*Exercise instructions*. Where the material below has a line containing "abbrev river : Jobs Table", start repeating exactly, and keep going through the line containing "decode_metadata = λ", with no other lines.

*Supplied records*.
-- ===== src/Webhook/Tests.antt =====
-- The theorems about outbound webhooks at concrete runs, with stand-ins for the digest, the encodings,
-- River and the network.
use go_service_template_rest.Base.{
  ℕ, ◌+◌, ◌*◌, ◌%◌, ◌^◌, ◌≤◌, ◌<◌, ◌/◌, ◌≡◌, ◌≢◌, refl, sym, ap, min, true, false, List, [], ◌∷◌,
  map, Option, none, some, Bytes, codes, if◌then◌else◌, eq_bytes, All, arith, ◌⊎◌, length,
}
use go_service_template_rest.Base.Int.{pos, wrap64}
use go_service_template_rest.Base.Decimal.{format_uint}
use go_service_template_rest.Base.GoError.{Result, ok, err, sentinel, errorf}
use go_service_template_rest.Base.Utf8.{utf8_from}
use go_service_template_rest.Outbound.{Addr, v4, quad}
use go_service_template_rest.Webhook.{
  Event, Endpoint, DeliveryArgs, Library, Url, valid_token, validate_args,
}
use go_service_template_rest.Webhook.Manifest.{EndpointManifest}
use go_service_template_rest.Webhook.Dispatcher.{Jobs, Inserted, fresh, duplicate, prepare, stage}
use go_service_template_rest.Webhook.Order.{prepare-perm}
use go_service_template_rest.Webhook.Staging.{StagedNew, FoundWhole, stage_whole}
use go_service_template_rest.Webhook.Identity.{
  IsListed, Collision, described, fingerprint_fanout_lem,
}
use go_service_template_rest.Webhook.Retry.{
  Job, Clockwork, second, max_elapsed, next_retry, stored_hint, retry_after_key, delivery_expired,
}
use go_service_template_rest.Webhook.Retry.Deadline.{next_retry_lem}
use go_service_template_rest.Webhook.Secrets.{Signing, SecretManifest, resolve_secret, sign_v1}
use go_service_template_rest.Webhook.Transport.{
  World, Trip, answered, failed, attempt_context_bounded, admit_destination_addresses,
  try_prepared_addresses, send,
}
use go_service_template_rest.Webhook.Delivery.{
  work, prepare_send, attempted, settled, classify_delivery,
}
use go_service_template_rest.Webhook.Delivery.Attempt.{IsSafe, work-IsSafe}
use mathlib.Core.List.{Permᴰ}

checksum : ℕ → Bytes → ℕ
checksum n [] = n
checksum n (c ∷ s) = checksum ((31 * n + c) % 2 ^ 61) s

abbrev https : Url
https = record {
  scheme = codes "https";
  has_user = false;
  hostname = codes "a.example";
  port = [];
  raw_query = [];
  force_query = false;
  fragment = [];
  path = codes "/in";
}

digest : Bytes → Bytes
unfolding checksum
digest b = format_uint (checksum 7 b)

abbrev blank : DeliveryArgs
blank = record {
  acceptance_id = [];
  delivery_id = [];
  owner_scope = [];
  receiver_id = [];
  receiver_generation = pos 0;
  url = [];
  active_key_reference = [];
  predecessor_key_reference = [];
  fanout_fingerprint = [];
  body = [];
}

abbrev lib : Library
lib = record {
  sha256_hex = digest;
  valid_json = λ b. true;
  encode_event = λ e. ok e.payload;
  decode_manifest = λ b. none;
  decode_args = λ b. some (record blank { delivery_id = b });
  parse_url = λ b. some https;
  url_string = λ u. u.path;
}

abbrev endpoint : Bytes → Endpoint
endpoint receiver = record {
  owner_scope = codes "acme";
  receiver_id = receiver;
  generation = pos 3;
  url = codes "https://a.example:443/in";
  active_key_reference = codes "k1";
  predecessor_key_reference = [];
}

abbrev manifest : EndpointManifest
manifest = endpoint (codes "left") ∷ endpoint (codes "right") ∷ []

abbrev event : Event
event = record {
  owner_scope = codes "acme";
  id = codes "e1";
  type = codes "order.paid";
  occurred_at = some 5;
  payload = codes "{}";
}

abbrev left_right : List Bytes
left_right = codes "left" ∷ codes "right" ∷ []

abbrev right_left : List Bytes
right_left = codes "right" ∷ codes "left" ∷ []

prepare-perm_example :
    prepare lib (some manifest) event right_left ≡ prepare lib (some manifest) event left_right
prepare-perm_example =
    prepare-perm lib (some manifest) event right_left left_right ∣ Permᴰ.swap refl refl ∣₁

abbrev count_of : Result (List DeliveryArgs) → ℕ
count_of (err e) = 0
count_of (ok ds) = length ds

prepared_two : count_of (prepare lib (some manifest) event right_left) ≡ 2
unfolding prepare valid_token utf8_from eq_bytes digest
prepared_two = refl

-- A table of jobs as a list.
abbrev Table : Type 0
Table = List (Bytes × Bytes)

abbrev job_of : Table → Bytes → Option Bytes
job_of [] key = none
job_of ((k, job) ∷ t) key = if eq_bytes key k then some job else job_of t key

abbrev added : Table → DeliveryArgs → Option Bytes → Result (Table × Inserted)
added t a none = ok ((a.acceptance_id, a.delivery_id) ∷ t, fresh)
added t a (some job) = ok (t, duplicate (some job))

added_fresh :
    (t u : Table) (a : DeliveryArgs) (o : Option Bytes)
    → added t a o ≡ ok (u, fresh)
    → (o ≡ none) × ((a.acceptance_id, a.delivery_id) ∷ t ≡ u)
added_fresh t u a none h = (refl, cc)
added_fresh t u a (some job) h = cc

added_duplicate :
    (t u : Table) (a : DeliveryArgs) (o job : Option Bytes)
    → added t a o ≡ ok (u, duplicate job)
    → (u ≡ t) × (job ≡ o)
added_duplicate t u a none job h = cc
added_duplicate t u a (some j) job h = (cc, cc)

table_inserts :
    (t u : Table) (a : DeliveryArgs)
    → added t a (job_of t a.acceptance_id) ≡ ok (u, fresh)
    → (job_of t a.acceptance_id ≡ none)
      × ((key : Bytes)
          → job_of u key
            ≡ (if eq_bytes key a.acceptance_id then some a.delivery_id else job_of t key))
table_inserts t u a h =
    let (absent, same) = added_fresh t u a (job_of t a.acceptance_id) h in
    (absent, λ key. ap (λ x. job_of x key) (sym same))

abbrev river : Jobs Table
river = record {
  encode = λ a. a.delivery_id;
  stored = job_of;
  insert_tx = λ t a. added t a (job_of t a.acceptance_id);
  inserts = table_inserts;
  skips = λ t u a job h. added_duplicate t u a (job_of t a.acceptance_id) job h;
}

abbrev delivery : Bytes → DeliveryArgs
delivery id = record blank { acceptance_id = id; delivery_id = id }

abbrev fanout : List DeliveryArgs
fanout = delivery (codes "d1") ∷ delivery (codes "d2") ∷ []

abbrev both_there : Table
both_there = (codes "d2", codes "d2") ∷ (codes "d1", codes "d1") ∷ []

staged_new : stage lib river fanout [] ≡ ok (both_there, true)
unfolding stage eq_bytes
staged_new = refl

stage_whole_example :
    ((true ≡ true) × StagedNew lib river fanout [] both_there)
    ⊎ ((true ≡ false) × FoundWhole lib river fanout [] both_there)
stage_whole_example = stage_whole lib river fanout [] both_there true staged_new

-- A part of a fan-out, one delivery of which is there already.
partly_there : stage lib river fanout ((codes "d1", codes "d1") ∷ []) ≡ err (errorf (sentinel 602))
unfolding stage eq_bytes
partly_there = refl

listed : (receiver : Bytes) → All (λ c. c ≢ 0) receiver → IsListed (endpoint receiver)
listed receiver h = record {
  number = 3;
  generation = refl;
  fits = omega arith;
  receiver = h;
  address = omega arith;
  active = omega arith;
  predecessor = tt;
}

acme_is_token : valid_token (codes "acme") ≡ true
unfolding valid_token
acme_is_token = refl

e1_is_token : valid_token (codes "e1") ≡ true
unfolding valid_token
e1_is_token = refl

abbrev left : List Endpoint
left = endpoint (codes "left") ∷ []

fingerprint_fanout_lem_example :
    ((codes "acme" ≡ codes "acme")
      × (codes "e1" ≡ codes "e1")
      × (codes "{}" ≡ codes "{}")
      × (map described left ≡ map described left))
    ⊎ Collision digest
fingerprint_fanout_lem_example =
    fingerprint_fanout_lem lib (codes "acme") (codes "e1") (codes "{}") (codes "acme") (codes "e1")
      (codes "{}") left left acme_is_token e1_is_token (omega arith) acme_is_token e1_is_token
      (omega arith) (listed (codes "left") (omega arith), tt)
      (listed (codes "left") (omega arith), tt) refl

abbrev clock : Clockwork
clock = record {
  digest_word = λ b. length b;
  parse_time = λ b. none;
  decode_metadata = λ b. ok ((retry_after_key, b) ∷ []);
  encode_metadata = λ m. ok [];
  decode_time = λ b. some (900 * second);
  encode_time = λ t. ok [];
}

abbrev job : Job
job = record {
  delivery_id = codes "d1";
  attempt = pos 2;
  created_at = some (100 * second);
  metadata = codes "x";
}

next_retry_lem_example :
    (100 * second + max_elapsed ≤ 200 * second
      → next_retry clock job (200 * second) ≡ 200 * second + second)
    × (200 * second < 100 * second + max_elapsed
        → (200 * second < next_retry clock job (200 * second))
          × (next_retry clock job (200 * second) ≤ 100 * second + max_elapsed)
          × (min (200 * second + 4 * second + second / 2) (100 * second + max_elapsed)
              ≤ next_retry clock job (200 * second))
          × ((hint : ℕ)
              → stored_hint clock job.metadata ≡ some hint
              → min hint (100 * second + max_elapsed) ≤ next_retry clock job (200 * second)))
next_retry_lem_example = next_retry_lem clock job (200 * second) (100 * second) refl

-- The hint of Retry-After is taken.
hinted : next_retry clock job (200 * second) ≡ 900 * second
unfolding next_retry eq_bytes wrap64
hinted = refl

-- Without one, the second attempt waits for ten seconds, less nine per cent of jitter.
abbrev unhinted : Clockwork
unhinted = record clock { decode_time = λ b. none }

jittered : next_retry unhinted job (200 * second) ≡ 209 * second + 100_000_000
unfolding next_retry eq_bytes wrap64
jittered = refl

abbrev signing : Signing
signing = record {
  sha256 = digest;
  decode_base64 = λ b. some b;
  decode_secrets = λ b. none;
  sign = λ key id t body. some (codes "v1,sig");
}

abbrev key : Bytes
key = codes "0123456789abcdef0123456789abcdef"

abbrev secrets : SecretManifest
secrets =
    record {
      owner_scope = codes "acme";
      receiver_id = codes "left";
      key_reference = codes "k1";
      secret = key;
    }
    ∷ []

-- The first of two addresses cannot be reached, the second answers.
abbrev first_fails : Addr → Trip
first_fails (v4 n) =
    if eq_bytes (n ∷ []) (quad 1 1 1 1 ∷ [])
    then failed (sentinel 900) false false false
    else answered 204 [] []
first_fails _ = answered 500 [] []

abbrev world : World
world = record {
  deadline = some (230 * second);
  context_error = none;
  now = 200 * second;
  lookup = λ host. ok (v4 (quad 8 8 8 8) ∷ v4 (quad 1 1 1 1) ∷ []);
  request_error = none;
  trip = first_fails;
  set_metadata_error = none;
}

abbrev args : DeliveryArgs
args = record {
  acceptance_id = codes "d1";
  delivery_id = codes "d1";
  owner_scope = codes "acme";
  receiver_id = codes "left";
  receiver_generation = pos 3;
  url = codes "https://a.example:443/in";
  active_key_reference = codes "k1";
  predecessor_key_reference = [];
  fanout_fingerprint = codes "f";
  body = codes "{}";
}

work-IsSafe_example : IsSafe lib world args (work lib signing clock secrets world args job)
work-IsSafe_example = work-IsSafe lib signing clock secrets world args job

-- Both addresses are tried, the lower one first, and the answer of the second ends the job.
delivered : (work lib signing clock secrets world args job).answer ≡ none
unfolding work prepare_send attempted settled validate_args delivery_expired attempt_context_bounded
    admit_destination_addresses resolve_secret sign_v1 try_prepared_addresses send classify_delivery
    eq_bytes utf8_from
delivered = refl

both_tried :
    (work lib signing clock secrets world args job).tried
    ≡ v4 (quad 1 1 1 1) ∷ v4 (quad 8 8 8 8) ∷ []
unfolding work prepare_send attempted settled validate_args delivery_expired attempt_context_bounded
    admit_destination_addresses resolve_secret sign_v1 try_prepared_addresses send classify_delivery
    eq_bytes utf8_from
both_tried = refl
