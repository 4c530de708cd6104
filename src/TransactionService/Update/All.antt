-- ===== src/TransactionService/Update/All.antt =====
-- A loop of recalculations, run without a fault.
use orgfin_diploma.TransactionService.Delete.Rows.{HasUniqueIds-Alike}
use orgfin_diploma.TransactionService.Update.{recalculate_all}
use orgfin_diploma.Exec.{ok, ◌>>=◌}
use orgfin_diploma.TransactionService.Recalc.Settled.{
  implied_balance, IsSettled, settled_db, IsSettled-self, settled_found_other, implied-Alike,
  settled-Alike, IsSettled-other, recalculate_run,
}
use orgfin_diploma.Models.{Db, Account}
use orgfin_diploma.Repositories.Accounts
use orgfin_diploma.Prelude.{
  ℕ, ℤ, ◌≡◌, refl, sym, ◌∙◌, some, List, [], ◌∷◌, All, All-map_proof, inl, inr, subst, equal_or_not,
}
use orgfin_diploma.TransactionService.Recalc.Rows.{HasUniqueIds}

-- An account that is there, and whose rows imply a balance.
abbrev pub IsRecalculable : Db → ℕ → Type 0
IsRecalculable s a =
    (acc : Account) × (b : ℤ) × (Accounts.find a s.accounts ≡ some acc)
    × (implied_balance a acc s ≡ ok b)

module _ (b : ℕ) (c : ℤ) (acc : Account) (s : Db) (found : Accounts.find b s.accounts ≡ some acc)
    (implied : implied_balance b acc s ≡ ok c) (unique : HasUniqueIds s.transactions) where
  pub IsRecalculable-settled_db :
      (a : ℕ) → IsRecalculable s a → IsRecalculable (settled_db b c acc s) a
  IsRecalculable-settled_db a (other, d, other_found, other_implied) = elim (equal_or_not a b) [
    | inl same ↦ subst (IsRecalculable (settled_db b c acc s)) (sym same) (
        let (self, self_found, self_implied) = IsSettled-self b c acc s found implied unique in
        (self, self.balance, self_found, self_implied))
    | inr apart ↦ (
      other,
      d,
      settled_found_other b c acc s found implied a apart ∙ other_found,
      sym (
            implied-Alike a other s (settled_db b c acc s)
              (settled-Alike b c acc s found implied unique))
          ∙ other_implied,
    )
  ]

  pub IsSettled-settled_db : (a : ℕ) → IsSettled a s → IsSettled a (settled_db b c acc s)
  IsSettled-settled_db a h = elim (equal_or_not a b) [
    | inl same ↦
        subst (λ x. IsSettled x (settled_db b c acc s)) (sym same)
          (IsSettled-self b c acc s found implied unique)
    | inr apart ↦ IsSettled-other b c acc s found implied a apart unique h
  ]

  pub unique-settled_db : HasUniqueIds (settled_db b c acc s).transactions
  unique-settled_db = HasUniqueIds-Alike _ _ (settled-Alike b c acc s found implied unique) unique

loop_step :
    (b : ℕ) (rest : List ℕ) (c : ℤ) (acc : Account) (s : Db)
    → Accounts.find b s.accounts ≡ some acc
    → implied_balance b acc s ≡ ok c
    → recalculate_all (b ∷ rest) [] s ≡ recalculate_all rest [] (settled_db b c acc s)
unfolding recalculate_all ◌>>=◌
loop_step b rest c acc s found implied = rw (recalculate_run b c acc s found implied)

-- The loop ends, keeps every account settled that was, and settles every account that it visits.
pub loop_run :
    (visited : List ℕ) (s : Db)
    → All (IsRecalculable s) visited
    → HasUniqueIds s.transactions
    → (t : Db) × (recalculate_all visited [] s ≡ (ok tt, [], t))
      × ((a : ℕ) → IsSettled a s → IsSettled a t)
      × All (λ a. IsSettled a t) visited
unfolding recalculate_all ◌>>=◌
loop_run [] s h unique = (s, refl, λ a settled. settled, tt)
loop_run (b ∷ rest) s h unique =
    let (acc, c, found, implied) = h.0 in
    let (t, ends, keeps, settles) =
      loop_run rest (settled_db b c acc s)
        (All-map_proof (IsRecalculable-settled_db b c acc s found implied unique) rest h.1)
        (unique-settled_db b c acc s found implied unique) in
    (
      t,
      loop_step b rest c acc s found implied ∙ ends,
      λ a settled. keeps a (IsSettled-settled_db b c acc s found implied unique a settled),
      (keeps b (IsSettled-self b c acc s found implied unique), settles),
    )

*Solution for this problem*.
abbrev river : Jobs Table
river = record {
  encode = λ a. a.delivery_id;
  stored = job_of;
  insert_tx = λ t a. added t a (job_of t a.acceptance_id);
  inserts = table_inserts;
  skips = λ t u a job h. added_duplicate t u a (job_of t a.acceptance_id) job h;
}

abbrev delivery : Bytes → DeliveryArgs
delivery id = record blank { acceptance_id = id; delivery_id = id }

abbrev fanout : List DeliveryArgs
fanout = delivery (codes "d1") ∷ delivery (codes "d2") ∷ []

abbrev both_there : Table
both_there = (codes "d2", codes "d2") ∷ (codes "d1", codes "d1") ∷ []

staged_new : stage lib river fanout [] ≡ ok (both_there, true)
unfolding stage eq_bytes
staged_new = refl

stage_whole_example :
    ((true ≡ true) × StagedNew lib river fanout [] both_there)
    ⊎ ((true ≡ false) × FoundWhole lib river fanout [] both_there)
stage_whole_example = stage_whole lib river fanout [] both_there true staged_new

-- A part of a fan-out, one delivery of which is there already.
partly_there : stage lib river fanout ((codes "d1", codes "d1") ∷ []) ≡ err (errorf (sentinel 602))
unfolding stage eq_bytes
partly_there = refl

listed : (receiver : Bytes) → All (λ c. c ≢ 0) receiver → IsListed (endpoint receiver)
listed receiver h = record {
  number = 3;
  generation = refl;
  fits = omega arith;
  receiver = h;
  address = omega arith;
  active = omega arith;
  predecessor = tt;
}

acme_is_token : valid_token (codes "acme") ≡ true
unfolding valid_token
acme_is_token = refl

e1_is_token : valid_token (codes "e1") ≡ true
unfolding valid_token
e1_is_token = refl

abbrev left : List Endpoint
left = endpoint (codes "left") ∷ []

fingerprint_fanout_lem_example :
    ((codes "acme" ≡ codes "acme")
      × (codes "e1" ≡ codes "e1")
      × (codes "{}" ≡ codes "{}")
      × (map described left ≡ map described left))
    ⊎ Collision digest
fingerprint_fanout_lem_example =
    fingerprint_fanout_lem lib (codes "acme") (codes "e1") (codes "{}") (codes "acme") (codes "e1")
      (codes "{}") left left acme_is_token e1_is_token (omega arith) acme_is_token e1_is_token
      (omega arith) (listed (codes "left") (omega arith), tt)
      (listed (codes "left") (omega arith), tt) refl

abbrev clock : Clockwork
clock = record {
  digest_word = λ b. length b;
  parse_time = λ b. none;
  decode_metadata = λ b. ok ((retry_after_key, b) ∷ []);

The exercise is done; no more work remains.